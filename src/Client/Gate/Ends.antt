-- ===== src/Client/Gate/Ends.antt =====
-- `open` ends when nothing more is delivered.
use tarwyn.Base.{
  ℕ, zero, suc, ◌+◌, ◌≤◌, Bool, true, Option, none, some, List, [], ◌∷◌, ◌++◌, ◌≡◌, length,
  append-nil, append_assoc, ap, sym, ◌∙◌, arith,
}
use tarwyn.Client.Gate.{
  Delivering, Opening, looping, replaying, opened, BufferedListener, open_turn,
}
use tarwyn.Client.Gate.Order.{listener}

module _ {ℓ} {V : Type ℓ} where
  -- Rounds of `open` with no delivery between them.
  unfoldable pub open_turns : ℕ → BufferedListener V → BufferedListener V
  open_turns zero g = g
  open_turns (suc n) g = open_turns n (open_turn g)

  replaying_ends :
      (vs : List V) (o : Bool) (x : Delivering V) (c : List V)
      → open_turns (suc (suc (length vs))) (listener (some []) o x (replaying vs) c)
        ≡ listener none true x opened (c ++ vs)
  unfolding open_turns open_turn
  replaying_ends [] o x c = ap (listener none true x opened) (sym (append-nil c))
  replaying_ends (v ∷ vs) o x c =
      replaying_ends vs o x (c ++ (v ∷ []))
      ∙ ap (listener none true x opened) (append_assoc c (v ∷ []) vs)

  listener_ends :
      (vs : List V) (p : Option (List V)) (o : Bool) (x : Delivering V) (y : Opening V) (c : List V)
      → p ≡ some vs
      → y ≡ looping
      → (n : ℕ) × (n ≤ length vs + 3)
        × (open_turns n (listener p o x y c) ≡ listener none true x opened (c ++ vs))
  unfolding open_turns open_turn
  listener_ends [] p o x y c e f = (
    1,
    omega arith,
    ap (λ r. open_turn (listener r o x y c)) e
        ∙ ap (λ r. open_turn (listener (some []) o x r c)) f
        ∙ ap (listener none true x opened) (sym (append-nil c)),
  )
  listener_ends (v ∷ vs) p o x y c e f = (
    suc (suc (suc (length (v ∷ vs)))),
    omega arith,
    ap (λ r. open_turns (suc (suc (length (v ∷ vs)))) (open_turn (listener r o x y c))) e
        ∙ ap
            (λ r.
              open_turns (suc (suc (length (v ∷ vs))))
                (open_turn (listener (some (v ∷ vs)) o x r c)))
            f
        ∙ replaying_ends (v ∷ vs) o x c,
  )

  -- Left alone, `open` ends: a listener at the top of its loop that holds some values back is open
  -- after at most three turns more than there are values, with all of them called, in order.
  pub open_turns-ends :
      (vs : List V) (g : BufferedListener V)
      → g.pending ≡ some vs
      → g.opening ≡ looping
      → (n : ℕ) × (n ≤ length vs + 3)
        × (open_turns n g ≡ record g {
          pending = none;
          open_flag = true;
          opening = opened;
          calls = g.calls ++ vs;
        })
  open_turns-ends vs g e f =
      listener_ends vs g.pending g.open_flag g.delivering g.opening g.calls e f
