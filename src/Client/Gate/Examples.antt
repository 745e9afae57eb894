-- ===== src/Client/Gate/Examples.antt =====
-- A listener whose snapshot was read while a value came in.
use tarwyn.Base.{ℕ, ◌≤◌, ◌≡◌, refl, true, false, none, some, [], ◌∷◌, ◌++◌, ◌⊎◌}
use tarwyn.Client.Gate.{
  looping, opened, BufferedListener, new_listener, call_snapshot, arrive, deliver_turn,
}
use tarwyn.Client.Gate.Order.{hand, held_back, Runs, begun, snapped, arrived, delivered, calls-Runs}
use tarwyn.Client.Gate.Ends.{open_turns, open_turns-ends}

abbrev held : BufferedListener ℕ
held = record new_listener { pending = some (7 ∷ []); opening = looping; calls = 5 ∷ [] }

-- The value 7 arrives while the snapshot 5 is read.
reached : Runs (5 ∷ []) (7 ∷ []) held
unfolding call_snapshot arrive deliver_turn new_listener
reached = snapped (some 5) (delivered (arrived 7 begun refl)) refl

calls-Runs_example :
    ((5 ∷ []) ++ held_back held ≡ (5 ∷ []) ++ (7 ∷ []))
    × ((held.open_flag ≡ false) ⊎ ((5 ∷ []) ++ hand held.delivering ≡ (5 ∷ []) ++ (7 ∷ [])))
calls-Runs_example = calls-Runs (5 ∷ []) (7 ∷ []) held reached

open_turns-ends_example :
    (n : ℕ) × (n ≤ 4)
    × (open_turns n held
        ≡ record held { pending = none; open_flag = true; opening = opened; calls = 5 ∷ 7 ∷ [] })
open_turns-ends_example = open_turns-ends (7 ∷ []) held refl refl
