-- ===== src/Client/Wire.antt =====
-- client/src/connection.rs and the frames of client/src/client.rs: where a frame of the client goes.
-- `send` is tungstenite's, for a binary message; `none` is its error.
use tarwyn.Base.{
  ℕ, Bool, true, false, Option, none, some, List, [], ◌∷◌, ◌++◌, length, ltb, ◌||◌, if◌then◌else◌,
  ◌+◌, ◌%◌, ◌^◌,
}
use tarwyn.Base.Bytes.{Bytes}

-- The shared writer, `none` while there is no connection; the queue of the reader thread, `none`
-- while that thread does not run; the depth of that queue; and the flags of the two.
pub record Wire (S : Type 0) : Type 0 where
  pub writer : Option S
  pub outbound : Option (List Bytes)
  pub send_high_water_mark : ℕ
  pub reader_started : Bool
  pub stop : Bool

module _ {S : Type 0} where
  -- The frame joins the queue if it has room. `Sender::try_send`
  unfoldable pub try_send : Bytes → Wire S → Wire S × Bool
  try_send frame w = elim w.outbound [
    | none ↦ (w, false)
    | some queued ↦
        if ltb (length queued) w.send_high_water_mark
        then (record w { outbound = some (queued ++ (frame ∷ [])) }, true)
        else (w, false)
  ]

  -- The reader thread and its queue, with nothing in it.
  unfoldable pub ensure_reader : Wire S → Wire S
  ensure_reader w =
      if w.stop || w.reader_started
      then w
      else record w { reader_started = true; outbound = some [] }

module _ {S : Type 0} (send : S → Bytes → Option S) where
  -- `some` hands the frame back. A failed write drops the writer.
  unfoldable pub write_frame : Bytes → Wire S → Wire S × Option Bytes
  write_frame frame w = elim w.writer [
    | none ↦ (w, some frame)
    | some socket ↦ elim (send socket frame) [
      | none ↦ (record w { writer = none }, none)
      | some socket' ↦ (record w { writer = some socket' }, none)
    ]
  ]

  unfoldable pub dispatch_frame : Bytes → Wire S → Wire S × Bool
  dispatch_frame frame w =
      let (v, back) = write_frame frame w in
      elim back [ none ↦ (v, true) | some again ↦ try_send again v ]

  -- A frame, if there is one, whose fate nobody asks about.
  unfoldable pub dispatch_opt : Option Bytes → Wire S → Wire S
  dispatch_opt none w = w
  dispatch_opt (some frame) w = (dispatch_frame frame w).0

  -- The connection sends a list of frames, as far as it can; `none` if it died.
  unfoldable pub send_all : List Bytes → S → Option S
  send_all [] socket = some socket
  send_all (frame ∷ frames) socket = elim (send socket frame) [
    | none ↦ none
    | some socket' ↦ send_all frames socket'
  ]

-- `drain_outbound_dropped`: the queue is emptied, and its frames are counted.
unfoldable pub drain_outbound_dropped : List Bytes → ℕ → ℕ
drain_outbound_dropped [] dropped = dropped
drain_outbound_dropped (frame ∷ frames) dropped =
    drain_outbound_dropped frames ((dropped + 1) % 2 ^ 64)
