-- ===== src/Value.antt =====
-- core/src/value.rs: the value that the server stores and every transport carries.
-- A float is its bit pattern; signed integers are ℤ and unsigned ones ℕ, with `IsWire` for ranges.
pub mod Conform
pub mod Reshape
mod Examples
use tarwyn.Base.{ℕ, ◌<◌, ◌^◌, Bool, true, false, Option, none, some, List, map, All, length, leb}
use tarwyn.Base.{Text, if◌then◌else◌}
use tarwyn.Base.Bytes.{Bytes, IsByte}
use tarwyn.Base.Int.{ℤ, pos, negsuc, IsInt}

pub data Value : Type 0 where
  int8 : ℤ → Value
  int16 : ℤ → Value
  int32 : ℤ → Value
  int64 : ℤ → Value
  uint8 : ℕ → Value
  uint16 : ℕ → Value
  uint32 : ℕ → Value
  uint64 : ℕ → Value
  float : ℕ → Value
  double : ℕ → Value
  string : Text → Value
  bool : Bool → Value
  bytes : Bytes → Value
  int8_array : List ℤ → Value
  int16_array : List ℤ → Value
  int32_array : List ℤ → Value
  int64_array : List ℤ → Value
  uint8_array : List ℕ → Value
  uint16_array : List ℕ → Value
  uint32_array : List ℕ → Value
  uint64_array : List ℕ → Value
  float_array : List ℕ → Value
  double_array : List ℕ → Value
  string_array : List Text → Value
  bool_array : List Bool → Value
  bytes_list : Bytes → Value
  coordinate : Bytes → Value
  bezier : Bytes → Value

unfoldable pub as_i64 : Value → Option ℤ
as_i64 (int8 v) = some v
as_i64 (int16 v) = some v
as_i64 (int32 v) = some v
as_i64 (int64 v) = some v
as_i64 _ = none

unfoldable pub as_u64 : Value → Option ℕ
as_u64 (uint8 v) = some v
as_u64 (uint16 v) = some v
as_u64 (uint32 v) = some v
as_u64 (uint64 v) = some v
as_u64 _ = none

-- The float operations of the target: conversions between the two formats and from integers.
-- They act on bit patterns.
pub record Floats : Type 0 where
  pub f32_to_f64 : ℕ → ℕ
  pub f64_to_f32 : ℕ → ℕ
  pub int_to_f64 : ℤ → ℕ

unfoldable pub as_f64 : Floats → Value → Option ℕ
as_f64 F (float v) = some (F.f32_to_f64 v)
as_f64 F (double v) = some v
as_f64 F _ = none

unfoldable pub as_string : Value → Option Text
as_string (string v) = some v
as_string _ = none

unfoldable pub as_bool : Value → Option Bool
as_bool (bool v) = some v
as_bool _ = none

-- `u64::try_from(i64)`
abbrev pub u64_try_from : ℤ → Option ℕ
u64_try_from (pos n) = some n
u64_try_from (negsuc n) = none

-- `Option::or_else`, with the second option already at hand.
abbrev pub or_else {ℓ} : {A : Type ℓ} → Option A → Option A → Option A
or_else (some a) o = some a
or_else none o = o

abbrev and_then_u64 : Option ℤ → Option ℕ
and_then_u64 none = none
and_then_u64 (some x) = u64_try_from x

unfoldable pub as_u64_any : Value → Option ℕ
unfolding as_u64 as_i64
as_u64_any v = or_else (as_u64 v) (and_then_u64 (as_i64 v))

-- A conversion to a wider type of the same signedness leaves the number as it is.
unfoldable pub widened : Value → Value
widened (int8 v) = int32 v
widened (int16 v) = int32 v
widened (uint8 v) = uint32 v
widened (uint16 v) = uint32 v
widened (int8_array v) = int32_array v
widened (int16_array v) = int32_array v
widened (uint8_array v) = uint32_array v
widened (uint16_array v) = uint32_array v
widened other = other
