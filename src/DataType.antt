-- ===== src/DataType.antt =====
-- core/src/websocket/protocol/datatype.rs: the NT4 numeric data types and their strings.
pub mod Laws
use tarwyn.Base.{ℕ, Option, none, some, Text, utf8, ◌==◌, nat_eq, text_eq, if◌then◌else◌, ◌||◌}
use tarwyn.Value.{
  Value, int8, int16, int32, int64, uint8, uint16, uint32, uint64, float, double, string, bool,
  bytes, int8_array, int16_array, int32_array, int64_array, uint8_array, uint16_array, uint32_array,
  uint64_array, float_array, double_array, string_array, bool_array, bytes_list, coordinate, bezier,
}

unfoldable pub xt_data_type : Value → ℕ
xt_data_type (bool _) = 0
xt_data_type (double _) = 1
xt_data_type (float _) = 3
xt_data_type (int8 _) = 2
xt_data_type (uint8 _) = 2
xt_data_type (bool_array _) = 16
xt_data_type (double_array _) = 17
xt_data_type (float_array _) = 19
xt_data_type (string_array _) = 20
xt_data_type (string _) = 4
xt_data_type (bytes _) = 5
xt_data_type (bytes_list _) = 5
xt_data_type (coordinate _) = 5
xt_data_type (bezier _) = 5
xt_data_type (int16 _) = 2
xt_data_type (uint16 _) = 2
xt_data_type (int32 _) = 2
xt_data_type (uint32 _) = 2
xt_data_type (int64 _) = 2
xt_data_type (uint64 _) = 2
xt_data_type (int8_array _) = 18
xt_data_type (uint8_array _) = 18
xt_data_type (int16_array _) = 18
xt_data_type (uint16_array _) = 18
xt_data_type (int32_array _) = 18
xt_data_type (uint32_array _) = 18
xt_data_type (int64_array _) = 18
xt_data_type (uint64_array _) = 18

unfoldable pub type_string : ℕ → Option Text
type_string t =
    if t == 0
    then some (utf8 "boolean")
    else if t == 1
    then some (utf8 "double")
    else if t == 2
    then some (utf8 "int")
    else if t == 3
    then some (utf8 "float")
    else if t == 4
    then some (utf8 "string")
    else if t == 5
    then some (utf8 "raw")
    else if t == 16
    then some (utf8 "boolean[]")
    else if t == 17
    then some (utf8 "double[]")
    else if t == 18
    then some (utf8 "int[]")
    else if t == 19
    then some (utf8 "float[]")
    else if t == 20
    then some (utf8 "string[]")
    else none

unfoldable pub data_type_from_string : Text → ℕ
data_type_from_string s =
    if s == utf8 "boolean"
    then 0
    else if s == utf8 "double"
    then 1
    else if s == utf8 "int"
    then 2
    else if s == utf8 "float"
    then 3
    else if s == utf8 "string" || s == utf8 "json"
    then 4
    else if s == utf8 "boolean[]"
    then 16
    else if s == utf8 "double[]"
    then 17
    else if s == utf8 "int[]"
    then 18
    else if s == utf8 "float[]"
    then 19
    else if s == utf8 "string[]"
    then 20
    else 5
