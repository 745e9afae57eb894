-- ===== src/Json.antt =====
-- `serde_json::Value` and `Map`, as far as the server uses them. A map keeps the order of
-- insertion here; the order in which serde_json keeps the members is not modelled.
use tarwyn.Base.{
  ℕ, suc, Bool, true, false, Option, none, some, List, [], ◌∷◌, Text, ◌==◌, text_eq, if◌then◌else◌,
  ltb, ◌^◌,
}
use tarwyn.Base.Int.{ℤ, pos, fits}

-- A number is an integer or a double, given by its bits.
pub data Number : Type 0 where
  integer : ℤ → Number
  real : ℕ → Number

mutual
  pub data Json : Type 0 where
    null : Json
    bool : Bool → Json
    number : Number → Json
    string : Text → Json
    array : Items → Json
    object : Fields → Json

  pub data Items : Type 0 where
    nil : Items
    cons : Json → Items → Items

  pub data Fields : Type 0 where
    end : Fields
    field : Text → Json → Fields → Fields

-- `Map::get`
unfoldable pub get : Text → Fields → Option Json
get k end = none
get k (field j v m) = if j == k then some v else get k m

-- `Map::insert`
unfoldable pub put : Text → Json → Fields → Fields
put k v end = field k v end
put k v (field j w m) = if j == k then field k v m else field j w (put k v m)

-- `Map::remove`
unfoldable pub delete : Text → Fields → Fields
delete k end = end
delete k (field j w m) = if j == k then delete k m else field j w (delete k m)

-- `Map::len`
abbrev pub count_fields : Fields → ℕ
count_fields end = 0
count_fields (field _ _ m) = suc (count_fields m)

abbrev pub count_items : Items → ℕ
count_items nil = 0
count_items (cons _ m) = suc (count_items m)

abbrev pub items_of : List Json → Items
items_of [] = nil
items_of (v ∷ vs) = cons v (items_of vs)

unfoldable pub as_bool : Json → Option Bool
as_bool (bool b) = some b
as_bool _ = none

abbrev pub is_null : Json → Bool
is_null null = true
is_null _ = false

-- `Json::from` of an unsigned number.
abbrev pub from_uint : ℕ → Json
from_uint n = number (integer (pos n))

unfoldable pub as_str : Json → Option Text
as_str (string s) = some s
as_str _ = none

unfoldable pub as_object : Json → Option Fields
as_object (object m) = some m
as_object _ = none

abbrev pub list_of : Items → List Json
list_of nil = []
list_of (cons v vs) = v ∷ list_of vs

unfoldable pub as_array : Json → Option (List Json)
as_array (array items) = some (list_of items)
as_array _ = none

-- `Number::as_u64` and `Number::as_i64`
unfoldable pub number_u64 : Number → Option ℕ
number_u64 (integer (pos n)) = if ltb n (2 ^ 64) then some n else none
number_u64 _ = none

unfoldable pub number_i64 : Number → Option ℤ
number_i64 (integer x) = if fits 63 x then some x else none
number_i64 _ = none

unfoldable pub as_u64 : Json → Option ℕ
unfolding number_u64
as_u64 (number n) = number_u64 n
as_u64 _ = none

unfoldable pub as_i64 : Json → Option ℤ
unfolding number_i64
as_i64 (number n) = number_i64 n
as_i64 _ = none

**********

Problem statement: In the material above, find each line containing the word "with" and copy it.

Written response:
  -- Rounds of `open` with no delivery between them.
  -- after at most three turns more than there are values, with all of them called, in order.
  -- The reader thread and its queue, with nothing in it.
-- A float is its bit pattern; signed integers are ℤ and unsigned ones ℕ, with `IsWire` for ranges.
-- `Option::or_else`, with the second option already at hand.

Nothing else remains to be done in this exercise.